The answer must be a single number: the count of lines below that contain the string "abbrev".

** Listed entries follows **

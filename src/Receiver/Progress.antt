-- ===== src/Receiver/Progress.antt =====
-- Each part of `Extract` leaves the bytes alone, and a wish for more bytes is a wish for at least one.
use tssdgo.Prelude.{
  ℕ, zero, suc, ◌+◌, ◌-◌, ◌≤◌, ◌<◌, ◌≡◌, refl, sym, Option, none, some, List, [], ◌∷◌, ◌++◌, length,
  drop, length-append, length-drop, arith, true, ltb, ltb→lt, lt→ltb, ◌==◌, not, ◌&&◌, ◌||◌, inl,
  inr, Bool-cases, Option-cases,
}
use tssdgo.Wire.{
  Error, Result, ok, err, panic, beyond, stuck, ◌>>=◌, tarraym_head_length,
  fragment_min_header_size, magic,
}
use tssdgo.Buffer.{Buffer}
use tssdgo.Buffer.Read.{byte_at}
use tssdgo.Buffer.Assemble.{same_text}
use tssdgo.TypeInfo.{Value}
use tssdgo.Wire.Code
use tssdgo.Receiver.{
  RBuffer, Step, known, reset, index_of, detect_from, detect_magic, search_kept, search_joint,
  found_magic,
}
use mathlib.Core.Path.{subst}
use tssdgo.Receiver.Detect.{located, search_kept_lem}
use tssdgo.Receiver.Extract.{
  ArrayHead, found_array, no_array, array_or_invalid, read_array, dump_merge_array_header, ◌>>>◌,
  is_insufficient, set_heads, schema_error, with_schema, parse_schema, parse_heads_at, parse_heads,
  parse_payload_at, parse_payload, set_checksum, parse_checksum_at, parse_checksum, cut_fragment,
  validate, check_fragment, unmarshal_fragment, extract_loop, extract, next_round, slice,
  value_schema,
}

-- The receiver holds `bs` still, and asks for a byte or more if it asks.
abbrev pub Fair : List ℕ → Step → Type 0
Fair bs (ok (more, none, r)) = r.data_bytes ≡ bs
Fair bs (ok (more, some e, r)) = (r.data_bytes ≡ bs) × (is_insufficient e ≡ true → 0 < more)
Fair bs _ = Unit

Fair->>> :
    (bs : List ℕ) (s : Step) (next : RBuffer → Step)
    → Fair bs s
    → ((r : RBuffer) → r.data_bytes ≡ bs → Fair bs (next r))
    → Fair bs (s >>> next)
Fair->>> bs (ok (more, none, r)) next h k = k r h
Fair->>> bs (ok (more, some e, r)) next h k = h
Fair->>> bs (err e) next h k = tt
Fair->>> bs panic next h k = tt
Fair->>> bs beyond next h k = tt
Fair->>> bs stuck next h k = tt

Fair->>= {ℓ} :
    {A : Type ℓ} (bs : List ℕ) (m : Result A) (next : A → Step)
    → ((a : A) → Fair bs (next a))
    → Fair bs (m >>= next)
Fair->>= bs (ok a) next h = h a
Fair->>= bs (err e) next h = tt
Fair->>= bs panic next h = tt
Fair->>= bs beyond next h = tt
Fair->>= bs stuck next h = tt

-- The head of an array asks for what is missing of it.
IsFairHead : ArrayHead → Type 0
IsFairHead (found_array n) = Unit
IsFairHead (no_array more e) = is_insufficient e ≡ true → 0 < more

array_or_invalid-IsFairHead : (o : Option ℕ) → IsFairHead (array_or_invalid o)
unfolding IsFairHead
array_or_invalid-IsFairHead none = λ h. cc
array_or_invalid-IsFairHead (some n) = tt

read_array-IsFairHead : (bs : List ℕ) → IsFairHead (read_array bs)
unfolding IsFairHead
read_array-IsFairHead (t ∷ u ∷ a ∷ b ∷ c ∷ d ∷ e ∷ f ∷ rest) =
    elim (Bool-cases (not (t == Code.arraym) || not (u == Code.uint8))) [
      | inl z ↦ rw z (λ h. cc)
      | inr z ↦ rw z (array_or_invalid-IsFairHead _)
    ]
read_array-IsFairHead [] = λ h. cc
read_array-IsFairHead (t ∷ []) = λ h. cc
read_array-IsFairHead (t ∷ u ∷ []) = λ h. cc
read_array-IsFairHead (t ∷ u ∷ a ∷ []) = λ h. cc
read_array-IsFairHead (t ∷ u ∷ a ∷ b ∷ []) = λ h. cc
read_array-IsFairHead (t ∷ u ∷ a ∷ b ∷ c ∷ []) = λ h. cc
read_array-IsFairHead (t ∷ u ∷ a ∷ b ∷ c ∷ d ∷ []) = λ h. cc
read_array-IsFairHead (t ∷ u ∷ a ∷ b ∷ c ∷ d ∷ e ∷ []) = λ h. cc

dump_header-IsFairHead : (at : ℕ) (r : RBuffer) → IsFairHead (dump_merge_array_header at r)
unfolding IsFairHead dump_merge_array_header
dump_header-IsFairHead at r =
    elim (Bool-cases (ltb (length r.data_bytes) (at + tarraym_head_length))) [
      | inl e ↦ rw e (λ h. omega (arith, ltb→lt _ _ e))
      | inr e ↦ rw e (read_array-IsFairHead (drop at r.data_bytes))
    ]

module _ (parse : List ℕ → Option ℕ) (checksum_func : List ℕ → List ℕ) (bs : List ℕ) where
  set_heads-Fair :
      (start cursor : ℕ) (h : ArrayHead) (r : RBuffer)
      → r.data_bytes ≡ bs
      → IsFairHead h
      → Fair bs (set_heads parse checksum_func start cursor h r)
  unfolding IsFairHead
  set_heads-Fair start cursor (found_array n) r e h = e
  set_heads-Fair start cursor (no_array more x) r e h = (e, h)

  schema_error-Fair :
      (x : Error) (r : RBuffer) → r.data_bytes ≡ bs → Fair bs (schema_error parse checksum_func x r)
  schema_error-Fair x r e = elim (Bool-cases (is_insufficient x)) [
    | inl z ↦ rw z (e, λ h. omega arith)
    | inr z ↦ rw z (e, λ h. absurd cc)
  ]

  with_schema-Fair :
      (start cursor len : ℕ) (m : Result (Value × Buffer)) (r : RBuffer)
      → r.data_bytes ≡ bs
      → Fair bs (with_schema parse checksum_func start cursor len m r)
  with_schema-Fair start cursor len (ok (v, b)) r e =
      set_heads-Fair start _ _ (record r { schema = value_schema v }) e (dump_header-IsFairHead _ _)
  with_schema-Fair start cursor len (err x) r e = schema_error-Fair x r e
  with_schema-Fair start cursor len panic r e = tt
  with_schema-Fair start cursor len beyond r e = tt
  with_schema-Fair start cursor len stuck r e = tt

  parse_schema-Fair :
      (start : ℕ) (r : RBuffer)
      → r.data_bytes ≡ bs
      → Fair bs (parse_schema parse checksum_func start r)
  unfolding parse_schema
  parse_schema-Fair start r e = Fair->>= bs (byte_at r.data_bytes (start + 7)) _ λ t.
      elim (Bool-cases (not (t == Code.schema))) [
        | inl z ↦ rw z (e, λ h. cc)
        | inr z ↦ rw z (
            Fair->>= bs (slice start 5 r.data_bytes) _ λ name.
              Fair->>= bs (slice (start + 5) 2 r.data_bytes) _ λ version.
                with_schema-Fair start (start + 8) _ _
                  (record r { header = record { magic_bytes = name; version = version } }) e)
      ]

  parse_heads_at-Fair :
      (known_len start : Option ℕ) (r : RBuffer)
      → r.data_bytes ≡ bs
      → Fair bs (parse_heads_at parse checksum_func known_len start r)
  parse_heads_at-Fair (some n) start r e = e
  parse_heads_at-Fair none start r e =
      elim (Bool-cases (ltb (length r.data_bytes) fragment_min_header_size)) [
        | inl z ↦ rw z (e, λ h. omega (arith, ltb→lt _ _ z))
        | inr z ↦ rw z (Fair->>= bs (known start) _ λ i. parse_schema-Fair i r e)
      ]

  parse_payload_at-Fair :
      (p : Option ℕ) (start heads n : ℕ) (r : RBuffer)
      → r.data_bytes ≡ bs
      → Fair bs (parse_payload_at parse checksum_func p start heads n r)
  parse_payload_at-Fair (some p) start heads n r e = e
  parse_payload_at-Fair none start heads n r e =
      elim (Bool-cases (ltb (length r.data_bytes - start) (heads + n))) [
        | inl z ↦ rw z (e, λ h. omega (arith, ltb→lt _ _ z))
        | inr z ↦ rw z e
      ]

  set_checksum-Fair :
      (start at before : ℕ) (h : ArrayHead) (r : RBuffer)
      → r.data_bytes ≡ bs
      → IsFairHead h
      → Fair bs (set_checksum parse checksum_func start at before h r)
  unfolding IsFairHead
  set_checksum-Fair start at before (no_array more x) r e h = (e, h)
  set_checksum-Fair start at before (found_array n) r e h =
      elim (Bool-cases (ltb (length r.data_bytes - start) (before + tarraym_head_length + n))) [
        | inl z ↦ rw z (e, λ h'. omega (arith, ltb→lt _ _ z))
        | inr z ↦ rw z e
      ]

  parse_checksum_at-Fair :
      (c : Option ℕ) (start heads n p : ℕ) (r : RBuffer)
      → r.data_bytes ≡ bs
      → Fair bs (parse_checksum_at parse checksum_func c start heads n p r)
  parse_checksum_at-Fair (some c) start heads n p r e = e
  parse_checksum_at-Fair none start heads n p r e =
      set_checksum-Fair start (p + n) (heads + n) _ r e (dump_header-IsFairHead (p + n) r)

  check_fragment-Fair :
      (r : RBuffer) → r.data_bytes ≡ bs → Fair bs (check_fragment parse checksum_func r)
  unfolding check_fragment validate
  check_fragment-Fair r e = Fair->>= bs (cut_fragment parse checksum_func r) _ λ f.
      let sum = drop tarraym_head_length f.checksum in
      elim (Bool-cases (ltb (length f.checksum) tarraym_head_length)) [
        | inl z ↦ rw z tt
        | inr z ↦
            elim (Bool-cases (
              not (length sum == 0)
              && not (same_text (checksum_func (f.heads ++ f.payload)) sum))) [
                | inl bad ↦ rw (z, bad) (e, λ h. cc)
                | inr good ↦ rw (z, good) e
              ]
      ]

  pub unmarshal_fragment-Fair :
      (r : RBuffer) → r.data_bytes ≡ bs → Fair bs (unmarshal_fragment parse checksum_func r)
  unfolding unmarshal_fragment parse_heads parse_payload parse_checksum
  unmarshal_fragment-Fair r e =
      Fair->>> bs _ (check_fragment parse checksum_func)
        (Fair->>> bs _ (parse_checksum parse checksum_func)
          (Fair->>> bs _ (parse_payload parse checksum_func)
            (parse_heads_at-Fair r.heads_len r.magic_at r e)
            λ r1 e1. Fair->>= bs (known r1.magic_at) _ λ start.
              Fair->>= bs (known r1.heads_len) _ λ h.
                Fair->>= bs (known r1.payload_len) _
                  λ n. parse_payload_at-Fair r1.payload start h n r1 e1)
          λ r2 e2. Fair->>= bs (known r2.magic_at) _ λ start.
            Fair->>= bs (known r2.heads_len) _ λ h. Fair->>= bs (known r2.payload_len) _ λ n.
              Fair->>= bs (known r2.payload) _
                λ p. parse_checksum_at-Fair r2.checksum start h n p r2 e2)
        check_fragment-Fair

-- What a search behind the magic of the last round leads to: five bytes fewer at least, from the next
-- magic on, or a wish for more.
abbrev pub Shrinks : ℕ → Step → Type 0
Shrinks n (ok (more, none, r)) = length r.data_bytes + 5 ≤ n
Shrinks n (ok (more, some e, r)) = (is_insufficient e ≡ true) × (0 < more)
Shrinks n stuck = ⊥
Shrinks n _ = Unit

joint_short : (n : ℕ) (r : RBuffer) → length r.data_bytes < 5 → Shrinks n (search_joint [] r)
unfolding search_joint
joint_short n r h =
    rw (lt→ltb (length r.data_bytes + 0) 5 (omega (arith, h)))
      (refl, omega (arith, h, length-append r.data_bytes []))

found_Shrinks :
    (n : ℕ) (bs : List ℕ) (r : RBuffer) → length bs + 5 ≤ n → Shrinks n (found_magic bs r)
unfolding found_magic
found_Shrinks n bs r h = h

pub search_again : (r : RBuffer) → Shrinks (length r.data_bytes) (search_kept [] 5 r)
unfolding search_kept
search_again r = elim (Bool-cases (ltb (length r.data_bytes) 5)) [
  | inl e ↦ rw e (joint_short _ r (ltb→lt _ _ e))
  | inr e ↦
      let many : 5 ≤ length r.data_bytes = ground arith in
      elim (Option-cases (index_of magic (drop 5 r.data_bytes))) [
        | inl h ↦
            let left : length (drop (length r.data_bytes - 4) r.data_bytes) < 5 =
              omega (arith, length-drop (length r.data_bytes - 4) r.data_bytes, many) in
            rw (e, search_kept, h)
              (joint_short (length r.data_bytes)
                (record r { data_bytes = drop (length r.data_bytes - 4) r.data_bytes }) left)
        | inr (i, h) ↦
            rw (e, search_kept, h)
              (found_Shrinks (length r.data_bytes) (drop (5 + i) r.data_bytes ++ []) r (
                omega (
                  arith,
                  length-append (drop (5 + i) r.data_bytes) [],
                  length-drop (5 + i) r.data_bytes,
                  many,
                )))
      ]
]

-- An answer with an error asks for bytes.
abbrev pub Asks : Step → Type 0
Asks (ok (more, some e, r)) = (is_insufficient e ≡ true) × (0 < more)
Asks _ = Unit

Asks-located : (o : Option ℕ) (u : List ℕ) (r : RBuffer) → Asks (located o u r)
Asks-located none u r = (refl, omega (arith, length-drop (length u - 4) u))
Asks-located (some i) u r = tt

Asks-detect_from : (o : Option ℕ) (d : List ℕ) (r : RBuffer) → Asks (detect_from o d 0 r)
Asks-detect_from none d r =
    subst Asks (sym (search_kept_lem d r))
      (Asks-located (index_of magic (r.data_bytes ++ d)) (r.data_bytes ++ d) r)
Asks-detect_from (some i) d r = tt

Asks->>> :
    (s : Step) (next : RBuffer → Step)
    → Asks s
    → ((r : RBuffer) → Asks (next r))
    → Asks (s >>> next)
Asks->>> (ok (more, none, r)) next h k = k r
Asks->>> (ok (more, some e, r)) next h k = h
Asks->>> (err e) next h k = tt
Asks->>> panic next h k = tt
Asks->>> beyond next h k = tt
Asks->>> stuck next h k = tt

Shrinks-Asks : (n : ℕ) (s : Step) → Shrinks n s → Asks s
Shrinks-Asks n (ok (more, none, r)) h = tt
Shrinks-Asks n (ok (more, some e, r)) h = h
Shrinks-Asks n (err e) h = tt
Shrinks-Asks n panic h = tt
Shrinks-Asks n beyond h = tt
Shrinks-Asks n stuck h = tt

module _ (parse : List ℕ → Option ℕ) (checksum_func : List ℕ → List ℕ) where
  round-Asks :
      (bs : List ℕ) (m : Step) (again : RBuffer → Step)
      → Fair bs m
      → ((r : RBuffer) → r.data_bytes ≡ bs → Asks (again r))
      → Asks (m >>= next_round parse checksum_func again)
  round-Asks bs (ok (more, none, r)) again h k = tt
  round-Asks bs (ok (more, some e, r)) again h k = elim (Bool-cases (is_insufficient e)) [
    | inl z ↦ rw z (z, h.1 z)
    | inr z ↦ rw z (k r h.0)
  ]
  round-Asks bs (err e) again h k = tt
  round-Asks bs panic again h k = tt
  round-Asks bs beyond again h k = tt
  round-Asks bs stuck again h k = tt

  loop-Asks : (fuel : ℕ) (r : RBuffer) → Asks (extract_loop parse checksum_func fuel [] 5 (reset r))
  unfolding extract_loop detect_magic reset
  loop-Asks zero r = tt
  loop-Asks (suc fuel) r =
      Asks->>> (search_kept [] 5 (reset r)) _ (Shrinks-Asks _ _ (search_again (reset r))) λ r1.
        round-Asks r1.data_bytes (unmarshal_fragment parse checksum_func r1) _
          (unmarshal_fragment-Fair parse checksum_func r1.data_bytes r1 refl)
          λ r2 e. loop-Asks fuel r2

-- Whatever bytes come in, an error of `Extract` is the wish for more bytes, and it is a wish for at
-- least one: a reader that asks for that many always asks for some.
pub Asks-extract :
    (parse : List ℕ → Option ℕ) (checksum_func : List ℕ → List ℕ) (input : List ℕ) (r : RBuffer)
    → Asks (extract parse checksum_func input r)
unfolding extract extract_loop detect_magic
Asks-extract parse checksum_func input r =
    let fuel : length r.data_bytes + length input + 2
        ≡ suc (length r.data_bytes + length input + 1) =
      omega arith in
    rw fuel (
      Asks->>> (detect_from r.magic_at input 0 r) _ (Asks-detect_from r.magic_at input r) λ r1.
        round-Asks parse checksum_func r1.data_bytes (unmarshal_fragment parse checksum_func r1) _
          (unmarshal_fragment-Fair parse checksum_func r1.data_bytes r1 refl)
          λ r2 e. loop-Asks parse checksum_func _ r2)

** End of Listed entries **

### Response area
3